# "Digitales vernetztes Wohnzimmer"



## partitionist (14. Dezember 2006)

Hallo, ich habe mir ein LCD-Flat Screen gekauft und bin damit zufrieden, hinzu kommt noch ein 5.1 Soundsystem, DVD-Player, Receiver.
Ich habe vor mein Wohnzimmer mit meinem Computer Netzwerk zu vernetzen, damit man auf die Freigabe von Multimedia Inhalten wie z.B. Filme oder Musik hat.

Es gibt ja heutzutage schon Receiver mit Ethernet Anschlüsse, ist es nun möglich Filme vom Wohnzimmer übers Netzwerk vom Receiver auf ein externes Gerät zu speichern wie z.B. ein NAS (Zentraler Speicherplatz im Netzwerk) oder eine USB Fesplatte am Router?
Das finde das ziemlich interessant, da Computer Hardware wie Festplatten die kann man immer aufrüsten aber ein DVD-Rekorder da kann man nix tun.
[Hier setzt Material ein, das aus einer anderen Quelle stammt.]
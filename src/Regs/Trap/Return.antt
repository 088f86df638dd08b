-- ===== src/Regs/Trap/Return.antt =====
-- regs.c: a trap into machine mode and the return from it.
use space_emu.Base.{ℕ, ◌+◌, ◌^◌, ◌<◌, ◌≡◌, arith, bit_and, true, false, ◌&&◌, ◌||◌}
use space_emu.Base.{if◌then◌else◌, ◌==◌, ◌!=◌}
use space_emu.Base.Word.{lnot, ◌>>>◌, ◌<<<◌}
use space_emu.Base.Bits.{has_bit, bit_and-lt}
use space_emu.Cpu.{CpuState}
use space_emu.Regs.Trap.{machine_entry, mret_mstatus, mode_mxl, is_delegated}
use space_emu.Regs.Trap.{raise_exception, trap_to_machine, handle_mret}
use space_emu.Regs.Valid.{IsValid}
use space_emu.Regs.Trap.Bits.{two_bits, two_bits_same}
use space_emu.Regs.Trap.Entry.{has_bit-machine_entry, has_bit-mret_mstatus}

-- The current width is the one of the current mode.
abbrev pub HasModeWidth : CpuState → Type 0
HasModeWidth s = s.xlen ≡ 1 <<< (4 + mode_mxl s.mstatus s.mxl s.priv)

machine_entry-lt : (m p : ℕ) → machine_entry m p < 2 ^ 64
unfolding machine_entry
machine_entry-lt m p = bit_and-lt 64 _ (lnot 64 (2 ^ 3)) (omega arith)

module _ (m : ℕ) (m_lt : m < 2 ^ 64) (p : ℕ) (p_lt : p < 4) where
  -- The mode is found again in MPP.
  mpp-machine_entry : bit_and (machine_entry m p >>> 11) 3 ≡ p
  mpp-machine_entry =
      two_bits (machine_entry m p) 11 p p_lt (has_bit-machine_entry m m_lt p p_lt 11)
        (has_bit-machine_entry m m_lt p p_lt 12)

  has_bit-there_and_back :
      (i : ℕ)
      → has_bit (mret_mstatus (machine_entry m p) p) i ≡ (
          if i == 7
          then true
          else if i == 11 || i == 12
          then false
          else if i == 3 && p != 3
          then false
          else has_bit m i)
  has_bit-there_and_back i = ground (
    arith,
    has_bit-mret_mstatus (machine_entry m p) (machine_entry-lt m p) p p_lt i,
    has_bit-machine_entry m m_lt p p_lt i,
    has_bit-machine_entry m m_lt p p_lt 7,
  )

  mode_mxl-there_and_back :
      (mxl : ℕ) → mode_mxl (mret_mstatus (machine_entry m p) p) mxl p ≡ mode_mxl m mxl p
  mode_mxl-there_and_back mxl = ground (
    arith,
    two_bits_same (mret_mstatus (machine_entry m p) p) m 34 (has_bit-there_and_back 34)
        (has_bit-there_and_back 35),
    two_bits_same (mret_mstatus (machine_entry m p) p) m 32 (has_bit-there_and_back 32)
        (has_bit-there_and_back 33),
  )

-- In a valid state whose width is that of its mode, a trap that is not delegated, followed at
-- once by `mret`, comes back to the same program counter, mode and width; of `mstatus`, MPIE is
-- then set, MPP is cleared, MIE is cleared unless the trap came from machine mode, and every
-- other bit is as before.
pub mret-raise_exception :
    (s : CpuState) (cause tval : ℕ)
    → IsValid s
    → HasModeWidth s
    → is_delegated s cause ≡ false
    → let t = handle_mret (raise_exception s cause tval) in
      (t.pc ≡ s.pc)
      × (t.priv ≡ s.priv)
      × (t.xlen ≡ s.xlen)
      × ((i : ℕ)
          → has_bit t.mstatus i ≡ (
              if i == 7
              then true
              else if i == 11 || i == 12
              then false
              else if i == 3 && s.priv != 3
              then false
              else has_bit s.mstatus i))
unfolding raise_exception trap_to_machine handle_mret
mret-raise_exception s cause tval v w d =
    let e = mpp-machine_entry s.mstatus v.mstatus_lt s.priv v.priv_lt in
    let x = mode_mxl-there_and_back s.mstatus v.mstatus_lt s.priv v.priv_lt s.mxl in
    (
      ground (arith, e),
      ground (arith, e),
      ground (arith, e, x),
      λ i. ground (arith, e, has_bit-there_and_back s.mstatus v.mstatus_lt s.priv v.priv_lt i),
    )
Am liebsten würde ich mir ein NAS mit 500GB zulegen welcher zentral am Router verbunden ist, so kann ich vom PC oder vom Wohnzimmer aus auf die Inhalte zugreifen.


----------



## Christian Kusmanow (15. Dezember 2006)

Das kommt immer auf den Receiver an, welche Funktionalitäten dessen Software mitbringt und ob er überhaupt die Hardwarevoraussetzungen hat. Ich würde mich diesbezüglich in einem Fachgeschäft beraten lassen.

Ein NAS ist auf jeden Fall wärmstens zu empfehlen, wenn es darum geht große Datenmengen zu speichern. Man sollte auf jeden Fall darauf achten, dass man sich ein NAS mit RAID5 Technologie besorgt. Dann hat man nie wieder Datenverlust sofern man immer rechtzeitig die defekte Platte wechselt. Oder man hat eine Platte als Hot-Spare auf Reserve in dem NAS.

//Edit: Die Buffalo RAID5 NAS Systeme kann ich empfehlen.


----------